To do: Beginning at the line that contains "S) (es : List (Event S))" and ending at the last line of the records below, retype each line exactly and add nothing.
-------- Material for this task --------
-- ===== src/WsProvider/Session/Roster.antt =====
-- The roster of the link, and the one that the frames of a session have told the provider.
use funduq_server.Prelude.{
  ℕ, String, false, ◌≡◌, refl, ◌∙◌, Option, none, some, List, [], ◌∷◌, All, Result, ok, raise,
  Bool-cases, inl, inr, arith,
}
use funduq_server.Json.{Dict, lookup, merge, dict, str}
use funduq_server.Json.Laws.{lookup-merge_left}
use funduq_server.Funduq.{Funduq, Contract, Connect}
use funduq_server.WsCommon.{
  Message, close_frame, policy_violation, receive_hello, Hello, proceed, refuse, gone, raised,
}
use funduq_server.WsProvider.Link.{deliver}
use funduq_server.WsProvider.Hello.{read_hello}
use funduq_server.WsProvider.Query.{answer_query}
use funduq_server.WsProvider.Query.Access.{Reply, answer_query-Reply}
use funduq_server.WsProvider.Socket.{Conn}
use funduq_server.WsProvider.Socket.Roster.{
  told, told-IsSilent, IsSilent, IsTold, put-IsTold, read_message-IsTold,
}
use funduq_server.WsProvider.Session.{
  Event, receive, query_ends, watcher_wakes, core_delivers, core_cancels, core_changes, opened,
  open_socket, after_hello, attach, after_attach, task_at, remove_at, watch, reply_query, end_query,
  step, serve, is_running, asks_close, lost_message,
}

-- The dump of a run has no key `type`: it is the frame's own.
abbrev pub IsEnvelope : {S : Type 0} → Event S → Type 0
IsEnvelope (core_delivers run) = lookup "type" run ≡ none
IsEnvelope _ = Unit

Reply-IsSilent :
    {S : Type 0} {core : Funduq S} {contract : Contract} {at : ℕ → S} {key : String}
    {parsed reply : Dict}
    → Reply core contract at key parsed reply
    → IsSilent reply
Reply-IsSilent (Reply.no_id i e) = rw e (refl, refl)
Reply-IsSilent (Reply.unknown q i m e) = rw e (refl, refl)
Reply-IsSilent (Reply.no_thread q params asks t e) = rw e (refl, refl)
Reply-IsSilent (Reply.no_limit q params asks l e) = rw e (refl, refl)
Reply-IsSilent (Reply.refused q params id asks cannot e) = rw e (refl, refl)
Reply-IsSilent (Reply.answered q params id asks can e) = rw e (refl, refl)

module _ {S : Type 0} (core : Funduq S) (contract : Contract) where
  deliver-IsTold :
      (run : Dict) (conn : Conn S)
      → lookup "type" run ≡ none
      → IsTold conn
      → IsTold (record conn { link = deliver run conn.link })
  unfolding deliver
  deliver-IsTold run conn h t =
      told-IsSilent conn.link.outbound (merge (dict (("type", str "run") ∷ [])) run)
        (rw (lookup-merge_left "type" (dict (("type", str "run") ∷ [])) run h) (refl, refl))
      ∙ t

  reply_query-IsTold :
      (at : ℕ → S) (frame : Dict) (conn : Conn S) (r : Result Dict)
      → answer_query core contract at conn.link.public_key frame ≡ r
      → IsTold conn
      → IsTold (reply_query core contract r conn)
  unfolding reply_query
  reply_query-IsTold at frame conn (ok reply) h t =
      put-IsTold reply conn
        (Reply-IsSilent (answer_query-Reply core contract at conn.link.public_key frame reply h)) t
  reply_query-IsTold at frame conn (raise e) h t = t

  end_query-IsTold :
      (at : ℕ → S) (conn : Conn S) (frame : Option Dict)
      → IsTold conn
      → IsTold (end_query core contract at conn frame)
  unfolding end_query
  end_query-IsTold at conn none t = t
  end_query-IsTold at conn (some frame) t = reply_query-IsTold at frame conn _ refl t

  watch-IsTold : (at : ℕ → S) (conn : Conn S) → IsTold conn → IsTold (watch core contract at conn)
  unfolding watch
  watch-IsTold at conn t = elim (Bool-cases (asks_close core contract at conn)) [
    | inl asked ↦ rw asked (
        put-IsTold (close_frame policy_violation lost_message) (record conn { watching = false })
          (refl, refl) t)
    | inr idle ↦ rw idle t
  ]

  step-IsTold :
      (e : Event S) (conn : Conn S)
      → IsEnvelope e
      → IsTold conn
      → IsTold (step core contract e conn)
  unfolding step
  step-IsTold (receive message) conn h t = read_message-IsTold core contract message conn t
  step-IsTold (query_ends n at) conn h t =
      end_query-IsTold at (record conn { tasks = remove_at n conn.tasks }) (task_at n conn.tasks) t
  step-IsTold (watcher_wakes at) conn h t = watch-IsTold at conn t
  step-IsTold (core_delivers run) conn h t = deliver-IsTold run conn h t
  step-IsTold (core_cancels run_id) conn h t = put-IsTold _ conn (refl, refl) t
  step-IsTold (core_changes s) conn h t = t

  serve-IsTold :
      (es : List (Event S)) (conn : Conn S)
      → All IsEnvelope es
      → IsTold conn
      → IsTold (serve core contract es conn)
  unfolding serve
  serve-IsTold [] conn h t = t
  serve-IsTold (e ∷ es) conn h t = elim (Bool-cases (is_running conn.loop)) [
    | inl run ↦ rw run (serve-IsTold es (step core contract e conn) h.1 (step-IsTold e conn h.0 t))
    | inr stop ↦ rw stop t
  ]

  attach-IsTold :
      (id : ℕ) (hello : Connect) (r : Result String × S) (conn : Conn S)
      → after_attach core contract id hello r ≡ opened conn
      → IsTold conn
  unfolding after_attach
  attach-IsTold id hello (ok answer, s) conn h = ground arith
  attach-IsTold id hello (raise e, s) conn h = ground arith

  hello-IsTold :
      (id : ℕ) (s : S) (hello : Hello) (conn : Conn S)
      → after_hello core contract id s hello ≡ opened conn
      → IsTold conn
  unfolding after_hello attach
  hello-IsTold id s (refuse reason) conn h = cc
  hello-IsTold id s gone conn h = cc
  hello-IsTold id s (raised e) conn h = cc
  hello-IsTold id s (proceed hello) conn h =
      (elim (read_hello contract hello)
          as (λ r. attach core contract id s r ≡ opened conn → IsTold conn) [
            | inl problem ↦ λ e. cc
            | inr connect ↦ λ e. attach-IsTold id connect (core.attach_provider s id connect) conn e
          ])
        h

  open-IsTold :
      (id : ℕ) (s : S) (first : Option Message) (conn : Conn S)
      → open_socket core contract id s first ≡ opened conn
      → IsTold conn
  unfolding open_socket
  open-IsTold id s first conn h = hello-IsTold id s (receive_hello first) conn h

  -- After any events on a socket that opened, the names that the link holds as registered are the
  -- names that the frames put so far have told the provider: those of the last `registered` frame
  -- without those of the later `deleted` frames. The runs that the core hands over have no key
  -- `type` of their own.
  pub serve-roster :
      (id : ℕ) (s : S) (first : Option Message) (conn : Conn S) (es : List (Event S))
      → open_socket core contract id s first ≡ opened conn
      → All IsEnvelope es
      → told (serve core contract es conn).link.outbound
        ≡ (serve core contract es conn).link.registered_names
  serve-roster id s first conn es h envelopes =
      serve-IsTold es conn envelopes (open-IsTold id s first conn h)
--------
Written answer:
      (id : ℕ) (s : S) (first : Option Message) (conn : Conn S) (es : List (Event S))
      → open_socket core contract id s first ≡ opened conn
      → All IsEnvelope es
      → told (serve core contract es conn).link.outbound
        ≡ (serve core contract es conn).link.registered_names
  serve-roster id s first conn es h envelopes =
      serve-IsTold es conn envelopes (open-IsTold id s first conn h)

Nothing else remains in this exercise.